(Stored items)
----------
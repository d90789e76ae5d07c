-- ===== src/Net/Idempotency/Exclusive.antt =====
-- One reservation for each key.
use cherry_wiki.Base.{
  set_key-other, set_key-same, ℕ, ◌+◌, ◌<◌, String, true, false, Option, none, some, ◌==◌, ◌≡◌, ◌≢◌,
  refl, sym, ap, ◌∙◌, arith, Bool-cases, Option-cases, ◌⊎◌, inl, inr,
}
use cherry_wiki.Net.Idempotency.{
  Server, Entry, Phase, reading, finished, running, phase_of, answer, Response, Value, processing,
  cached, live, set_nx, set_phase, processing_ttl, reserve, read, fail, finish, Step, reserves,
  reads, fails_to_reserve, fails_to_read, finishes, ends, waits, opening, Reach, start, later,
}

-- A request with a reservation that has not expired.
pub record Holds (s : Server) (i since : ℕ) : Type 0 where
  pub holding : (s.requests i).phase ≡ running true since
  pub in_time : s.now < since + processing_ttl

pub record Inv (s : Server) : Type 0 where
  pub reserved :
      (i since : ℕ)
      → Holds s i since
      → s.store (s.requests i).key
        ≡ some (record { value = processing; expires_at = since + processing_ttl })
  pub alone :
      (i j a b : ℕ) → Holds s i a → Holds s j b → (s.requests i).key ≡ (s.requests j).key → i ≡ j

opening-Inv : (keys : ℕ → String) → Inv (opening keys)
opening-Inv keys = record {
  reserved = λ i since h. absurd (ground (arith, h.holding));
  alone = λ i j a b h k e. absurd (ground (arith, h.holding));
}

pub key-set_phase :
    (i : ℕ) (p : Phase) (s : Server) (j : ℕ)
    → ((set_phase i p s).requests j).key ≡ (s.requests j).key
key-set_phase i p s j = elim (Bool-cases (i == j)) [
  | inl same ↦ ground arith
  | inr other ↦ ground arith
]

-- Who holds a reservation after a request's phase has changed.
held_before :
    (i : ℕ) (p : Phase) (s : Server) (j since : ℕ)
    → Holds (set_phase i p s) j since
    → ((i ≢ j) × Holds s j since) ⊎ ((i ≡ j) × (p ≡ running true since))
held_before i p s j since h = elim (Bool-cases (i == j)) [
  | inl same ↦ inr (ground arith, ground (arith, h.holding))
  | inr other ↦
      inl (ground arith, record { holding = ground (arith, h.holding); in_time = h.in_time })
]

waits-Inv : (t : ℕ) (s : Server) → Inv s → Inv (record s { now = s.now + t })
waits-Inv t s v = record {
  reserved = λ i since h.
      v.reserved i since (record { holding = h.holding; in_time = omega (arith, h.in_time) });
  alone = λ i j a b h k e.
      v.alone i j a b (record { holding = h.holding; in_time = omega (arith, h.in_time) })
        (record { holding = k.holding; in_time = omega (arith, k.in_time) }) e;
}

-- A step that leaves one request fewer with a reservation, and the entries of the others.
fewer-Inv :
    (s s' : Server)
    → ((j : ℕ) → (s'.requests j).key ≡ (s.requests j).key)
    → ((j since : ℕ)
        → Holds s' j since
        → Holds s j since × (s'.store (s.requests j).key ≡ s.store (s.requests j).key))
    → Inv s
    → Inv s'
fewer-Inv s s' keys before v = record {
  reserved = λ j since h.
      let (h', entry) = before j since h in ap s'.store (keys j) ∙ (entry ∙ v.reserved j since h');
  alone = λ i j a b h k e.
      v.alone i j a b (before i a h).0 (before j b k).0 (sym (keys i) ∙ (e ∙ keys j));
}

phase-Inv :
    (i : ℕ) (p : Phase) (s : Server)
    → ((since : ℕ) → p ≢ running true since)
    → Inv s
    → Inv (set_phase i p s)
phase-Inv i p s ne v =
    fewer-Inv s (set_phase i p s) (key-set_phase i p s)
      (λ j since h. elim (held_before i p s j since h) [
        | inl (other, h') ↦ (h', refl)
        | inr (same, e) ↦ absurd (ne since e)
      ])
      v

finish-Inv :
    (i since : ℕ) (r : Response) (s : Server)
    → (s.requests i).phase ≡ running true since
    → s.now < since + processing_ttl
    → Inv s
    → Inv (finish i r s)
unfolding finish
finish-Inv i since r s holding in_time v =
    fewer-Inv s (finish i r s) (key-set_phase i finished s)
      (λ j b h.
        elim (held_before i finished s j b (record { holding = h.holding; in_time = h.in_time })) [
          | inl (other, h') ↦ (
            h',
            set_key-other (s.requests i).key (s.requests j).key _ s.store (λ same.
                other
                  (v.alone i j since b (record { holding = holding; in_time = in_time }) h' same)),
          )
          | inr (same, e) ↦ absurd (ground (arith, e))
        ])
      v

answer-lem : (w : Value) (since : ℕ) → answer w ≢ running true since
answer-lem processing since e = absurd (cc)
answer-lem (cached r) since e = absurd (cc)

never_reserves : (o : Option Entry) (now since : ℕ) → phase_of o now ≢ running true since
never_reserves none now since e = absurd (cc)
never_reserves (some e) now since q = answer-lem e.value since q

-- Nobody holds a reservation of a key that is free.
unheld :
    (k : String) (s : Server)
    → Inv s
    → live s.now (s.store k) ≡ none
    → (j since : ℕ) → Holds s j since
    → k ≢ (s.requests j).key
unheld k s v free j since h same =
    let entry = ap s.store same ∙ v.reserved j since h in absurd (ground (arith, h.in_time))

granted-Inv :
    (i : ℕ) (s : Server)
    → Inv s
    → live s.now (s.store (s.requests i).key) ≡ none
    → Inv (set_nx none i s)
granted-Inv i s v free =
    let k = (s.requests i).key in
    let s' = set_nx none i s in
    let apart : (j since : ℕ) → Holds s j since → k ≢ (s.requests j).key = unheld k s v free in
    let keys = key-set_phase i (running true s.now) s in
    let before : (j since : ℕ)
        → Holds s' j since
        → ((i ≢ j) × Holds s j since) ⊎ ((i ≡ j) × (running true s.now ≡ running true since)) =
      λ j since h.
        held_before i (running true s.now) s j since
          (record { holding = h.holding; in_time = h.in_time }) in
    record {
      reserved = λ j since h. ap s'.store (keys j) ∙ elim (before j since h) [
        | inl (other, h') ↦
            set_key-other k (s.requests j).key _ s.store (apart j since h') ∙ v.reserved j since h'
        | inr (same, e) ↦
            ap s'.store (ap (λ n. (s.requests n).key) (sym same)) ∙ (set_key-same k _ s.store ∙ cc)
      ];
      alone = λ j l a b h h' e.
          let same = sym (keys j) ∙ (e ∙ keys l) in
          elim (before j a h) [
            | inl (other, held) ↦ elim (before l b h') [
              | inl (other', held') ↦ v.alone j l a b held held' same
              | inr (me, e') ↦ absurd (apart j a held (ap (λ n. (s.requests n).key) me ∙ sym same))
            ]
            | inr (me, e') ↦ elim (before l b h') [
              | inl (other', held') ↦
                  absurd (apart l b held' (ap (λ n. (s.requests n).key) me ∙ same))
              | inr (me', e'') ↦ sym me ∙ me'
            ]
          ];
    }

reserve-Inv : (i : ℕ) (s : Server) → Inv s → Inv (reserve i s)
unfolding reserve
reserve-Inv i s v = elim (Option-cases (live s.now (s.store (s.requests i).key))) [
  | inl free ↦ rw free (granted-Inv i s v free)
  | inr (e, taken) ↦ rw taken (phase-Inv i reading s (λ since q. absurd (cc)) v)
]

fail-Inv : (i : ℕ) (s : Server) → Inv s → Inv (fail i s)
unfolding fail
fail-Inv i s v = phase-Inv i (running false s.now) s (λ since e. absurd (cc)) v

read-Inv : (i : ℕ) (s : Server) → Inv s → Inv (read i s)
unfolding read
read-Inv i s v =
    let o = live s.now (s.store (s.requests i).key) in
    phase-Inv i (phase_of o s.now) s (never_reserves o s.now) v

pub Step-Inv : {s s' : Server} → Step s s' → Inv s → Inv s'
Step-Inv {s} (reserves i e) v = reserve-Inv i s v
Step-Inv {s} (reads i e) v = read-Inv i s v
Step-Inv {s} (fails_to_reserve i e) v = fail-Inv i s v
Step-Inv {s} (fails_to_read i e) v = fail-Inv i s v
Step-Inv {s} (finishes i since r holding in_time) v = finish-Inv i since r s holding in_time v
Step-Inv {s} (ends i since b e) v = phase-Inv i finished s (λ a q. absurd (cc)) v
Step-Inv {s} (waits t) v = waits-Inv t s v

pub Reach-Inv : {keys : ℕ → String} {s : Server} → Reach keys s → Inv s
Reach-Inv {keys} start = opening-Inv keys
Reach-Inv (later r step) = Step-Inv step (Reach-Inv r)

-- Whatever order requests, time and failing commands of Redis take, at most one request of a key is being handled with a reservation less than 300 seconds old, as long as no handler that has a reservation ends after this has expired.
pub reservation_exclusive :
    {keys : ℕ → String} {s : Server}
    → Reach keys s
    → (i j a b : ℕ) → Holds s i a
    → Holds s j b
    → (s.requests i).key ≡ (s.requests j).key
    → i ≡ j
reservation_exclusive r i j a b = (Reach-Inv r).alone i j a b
----------
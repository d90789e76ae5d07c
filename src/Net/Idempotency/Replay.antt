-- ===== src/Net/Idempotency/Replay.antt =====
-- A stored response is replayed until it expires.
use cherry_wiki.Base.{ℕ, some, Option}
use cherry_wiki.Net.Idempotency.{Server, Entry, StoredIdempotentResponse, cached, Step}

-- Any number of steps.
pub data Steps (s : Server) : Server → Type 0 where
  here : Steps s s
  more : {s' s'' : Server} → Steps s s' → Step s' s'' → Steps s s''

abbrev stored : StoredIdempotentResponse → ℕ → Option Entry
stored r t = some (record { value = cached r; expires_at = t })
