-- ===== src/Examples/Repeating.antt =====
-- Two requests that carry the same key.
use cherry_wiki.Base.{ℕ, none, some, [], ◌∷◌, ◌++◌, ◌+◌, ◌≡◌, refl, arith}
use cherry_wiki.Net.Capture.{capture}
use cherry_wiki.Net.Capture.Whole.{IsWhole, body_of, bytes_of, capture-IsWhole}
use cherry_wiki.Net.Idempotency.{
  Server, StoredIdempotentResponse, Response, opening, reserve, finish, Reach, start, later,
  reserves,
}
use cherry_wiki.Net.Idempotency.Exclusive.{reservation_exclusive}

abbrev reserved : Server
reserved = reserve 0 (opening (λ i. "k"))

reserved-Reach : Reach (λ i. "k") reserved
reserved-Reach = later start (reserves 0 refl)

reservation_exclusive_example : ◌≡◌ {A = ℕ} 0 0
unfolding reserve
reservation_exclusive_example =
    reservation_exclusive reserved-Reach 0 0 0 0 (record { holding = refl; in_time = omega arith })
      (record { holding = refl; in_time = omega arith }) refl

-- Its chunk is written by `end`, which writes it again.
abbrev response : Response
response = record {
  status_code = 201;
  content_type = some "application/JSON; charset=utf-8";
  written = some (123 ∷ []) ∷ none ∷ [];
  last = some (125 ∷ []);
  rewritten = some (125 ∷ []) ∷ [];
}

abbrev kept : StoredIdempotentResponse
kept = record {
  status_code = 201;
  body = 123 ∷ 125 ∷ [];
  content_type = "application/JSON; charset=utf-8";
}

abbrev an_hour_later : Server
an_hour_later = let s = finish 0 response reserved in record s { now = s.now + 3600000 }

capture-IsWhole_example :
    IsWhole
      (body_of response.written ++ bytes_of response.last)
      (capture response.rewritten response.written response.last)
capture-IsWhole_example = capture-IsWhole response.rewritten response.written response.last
----------
■ **Your instructions**: Scan the records above for the lines holding "v = waits-Inv t s v" and "Reach-Inv (later r". Transcribe those two and every line between them word for word, and no others.

■ **The answer**:
Step-Inv {s} (waits t) v = waits-Inv t s v

pub Reach-Inv : {keys : ℕ → String} {s : Server} → Reach keys s → Inv s
Reach-Inv {keys} start = opening-Inv keys
Reach-Inv (later r step) = Step-Inv step (Reach-Inv r)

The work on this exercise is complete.